Stored data:
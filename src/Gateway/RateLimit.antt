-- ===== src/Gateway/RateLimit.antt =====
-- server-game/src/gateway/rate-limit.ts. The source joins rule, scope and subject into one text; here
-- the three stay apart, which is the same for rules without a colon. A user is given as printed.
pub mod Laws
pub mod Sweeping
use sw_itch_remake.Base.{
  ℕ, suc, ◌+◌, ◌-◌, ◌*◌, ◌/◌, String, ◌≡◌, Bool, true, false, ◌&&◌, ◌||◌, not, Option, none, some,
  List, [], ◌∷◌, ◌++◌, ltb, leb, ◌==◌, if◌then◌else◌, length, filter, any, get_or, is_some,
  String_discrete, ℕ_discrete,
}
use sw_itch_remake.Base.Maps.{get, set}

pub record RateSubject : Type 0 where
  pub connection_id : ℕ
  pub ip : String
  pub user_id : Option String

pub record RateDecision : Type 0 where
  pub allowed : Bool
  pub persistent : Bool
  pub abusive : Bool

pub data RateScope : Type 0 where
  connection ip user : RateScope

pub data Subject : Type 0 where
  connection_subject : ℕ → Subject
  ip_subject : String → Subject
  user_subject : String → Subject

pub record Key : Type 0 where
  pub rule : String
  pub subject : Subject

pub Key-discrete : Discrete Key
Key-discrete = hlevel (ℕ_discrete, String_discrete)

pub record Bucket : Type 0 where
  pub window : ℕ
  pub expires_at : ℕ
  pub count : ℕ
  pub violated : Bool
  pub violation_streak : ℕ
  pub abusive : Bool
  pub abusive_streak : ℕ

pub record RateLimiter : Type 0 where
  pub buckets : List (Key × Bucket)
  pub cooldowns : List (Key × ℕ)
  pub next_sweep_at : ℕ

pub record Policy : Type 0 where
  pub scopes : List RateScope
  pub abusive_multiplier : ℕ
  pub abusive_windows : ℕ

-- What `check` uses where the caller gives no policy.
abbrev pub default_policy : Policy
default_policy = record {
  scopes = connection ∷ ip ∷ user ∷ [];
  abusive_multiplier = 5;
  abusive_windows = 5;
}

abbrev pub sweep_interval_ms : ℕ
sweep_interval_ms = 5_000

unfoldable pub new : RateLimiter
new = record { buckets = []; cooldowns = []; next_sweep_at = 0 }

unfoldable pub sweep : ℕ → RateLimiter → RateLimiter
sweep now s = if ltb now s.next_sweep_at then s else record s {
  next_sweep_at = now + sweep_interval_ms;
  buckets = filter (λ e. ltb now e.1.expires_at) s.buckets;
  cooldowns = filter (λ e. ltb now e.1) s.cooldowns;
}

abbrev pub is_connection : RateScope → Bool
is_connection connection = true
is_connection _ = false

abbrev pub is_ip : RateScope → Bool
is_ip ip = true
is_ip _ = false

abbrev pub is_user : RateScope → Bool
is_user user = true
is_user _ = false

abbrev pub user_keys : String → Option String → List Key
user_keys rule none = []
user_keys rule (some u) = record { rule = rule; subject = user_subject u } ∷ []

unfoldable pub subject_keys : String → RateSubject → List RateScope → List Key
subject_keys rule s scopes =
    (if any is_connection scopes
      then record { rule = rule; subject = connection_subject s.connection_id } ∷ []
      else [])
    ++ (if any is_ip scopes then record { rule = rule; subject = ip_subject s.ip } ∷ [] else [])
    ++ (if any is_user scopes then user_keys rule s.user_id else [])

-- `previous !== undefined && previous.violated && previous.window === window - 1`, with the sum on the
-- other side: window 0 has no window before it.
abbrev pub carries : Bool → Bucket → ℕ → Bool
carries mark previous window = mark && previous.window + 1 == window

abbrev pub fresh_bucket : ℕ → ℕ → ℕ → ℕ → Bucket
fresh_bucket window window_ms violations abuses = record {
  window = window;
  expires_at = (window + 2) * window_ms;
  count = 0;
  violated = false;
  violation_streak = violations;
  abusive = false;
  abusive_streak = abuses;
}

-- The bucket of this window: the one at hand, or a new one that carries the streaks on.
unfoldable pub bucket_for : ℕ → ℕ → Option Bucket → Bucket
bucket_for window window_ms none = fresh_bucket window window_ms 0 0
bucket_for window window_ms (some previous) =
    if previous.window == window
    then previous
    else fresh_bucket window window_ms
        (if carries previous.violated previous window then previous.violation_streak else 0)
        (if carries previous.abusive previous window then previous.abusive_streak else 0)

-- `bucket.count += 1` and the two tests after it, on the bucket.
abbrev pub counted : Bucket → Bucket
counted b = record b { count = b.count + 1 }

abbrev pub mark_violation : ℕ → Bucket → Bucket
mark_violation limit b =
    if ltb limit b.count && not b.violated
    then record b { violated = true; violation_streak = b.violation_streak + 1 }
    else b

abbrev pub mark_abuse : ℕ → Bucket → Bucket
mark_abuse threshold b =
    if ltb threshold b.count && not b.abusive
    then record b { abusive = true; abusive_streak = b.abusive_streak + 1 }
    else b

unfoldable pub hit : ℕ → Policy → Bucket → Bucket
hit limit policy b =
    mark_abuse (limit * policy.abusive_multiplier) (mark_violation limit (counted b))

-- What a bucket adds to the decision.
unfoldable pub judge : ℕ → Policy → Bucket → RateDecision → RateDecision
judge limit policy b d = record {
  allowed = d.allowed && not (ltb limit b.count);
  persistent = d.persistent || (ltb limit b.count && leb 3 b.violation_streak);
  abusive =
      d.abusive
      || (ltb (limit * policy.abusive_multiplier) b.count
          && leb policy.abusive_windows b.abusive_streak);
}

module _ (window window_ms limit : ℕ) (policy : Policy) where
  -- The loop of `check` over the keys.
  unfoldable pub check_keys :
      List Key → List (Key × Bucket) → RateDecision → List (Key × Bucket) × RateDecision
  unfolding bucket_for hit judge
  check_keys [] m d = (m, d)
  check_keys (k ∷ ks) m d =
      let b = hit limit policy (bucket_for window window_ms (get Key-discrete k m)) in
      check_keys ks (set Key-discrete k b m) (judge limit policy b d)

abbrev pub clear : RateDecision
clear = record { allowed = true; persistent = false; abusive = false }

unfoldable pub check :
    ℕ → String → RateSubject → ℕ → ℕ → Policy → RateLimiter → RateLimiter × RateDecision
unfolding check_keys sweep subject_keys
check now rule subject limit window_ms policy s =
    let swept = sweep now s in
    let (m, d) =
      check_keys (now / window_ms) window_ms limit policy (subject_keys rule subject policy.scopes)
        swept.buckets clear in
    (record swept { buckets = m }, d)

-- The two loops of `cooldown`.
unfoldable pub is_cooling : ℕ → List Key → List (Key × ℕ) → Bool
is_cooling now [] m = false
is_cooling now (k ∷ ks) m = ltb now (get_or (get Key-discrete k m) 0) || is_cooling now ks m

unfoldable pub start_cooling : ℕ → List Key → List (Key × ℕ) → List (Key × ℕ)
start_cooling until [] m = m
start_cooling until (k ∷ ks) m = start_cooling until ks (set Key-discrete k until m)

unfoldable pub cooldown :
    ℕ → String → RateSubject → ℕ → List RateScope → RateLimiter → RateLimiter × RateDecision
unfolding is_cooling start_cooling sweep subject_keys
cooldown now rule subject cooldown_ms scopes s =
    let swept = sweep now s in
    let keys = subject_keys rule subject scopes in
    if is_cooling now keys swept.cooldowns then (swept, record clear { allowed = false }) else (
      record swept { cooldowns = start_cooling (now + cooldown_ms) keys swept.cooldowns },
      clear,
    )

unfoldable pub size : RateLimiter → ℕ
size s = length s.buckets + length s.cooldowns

EXERCISE GOAL:
From the entries above, extract only the lines running from the one containing "fresh_bucket window window_ms violations" through the one containing "unfoldable pub bucket_for", inclusive.

ANSWER TO THIS TASK:
fresh_bucket window window_ms violations abuses = record {
  window = window;
  expires_at = (window + 2) * window_ms;
  count = 0;
  violated = false;
  violation_streak = violations;
  abusive = false;
  abusive_streak = abuses;
}

-- The bucket of this window: the one at hand, or a new one that carries the streaks on.
unfoldable pub bucket_for : ℕ → ℕ → Option Bucket → Bucket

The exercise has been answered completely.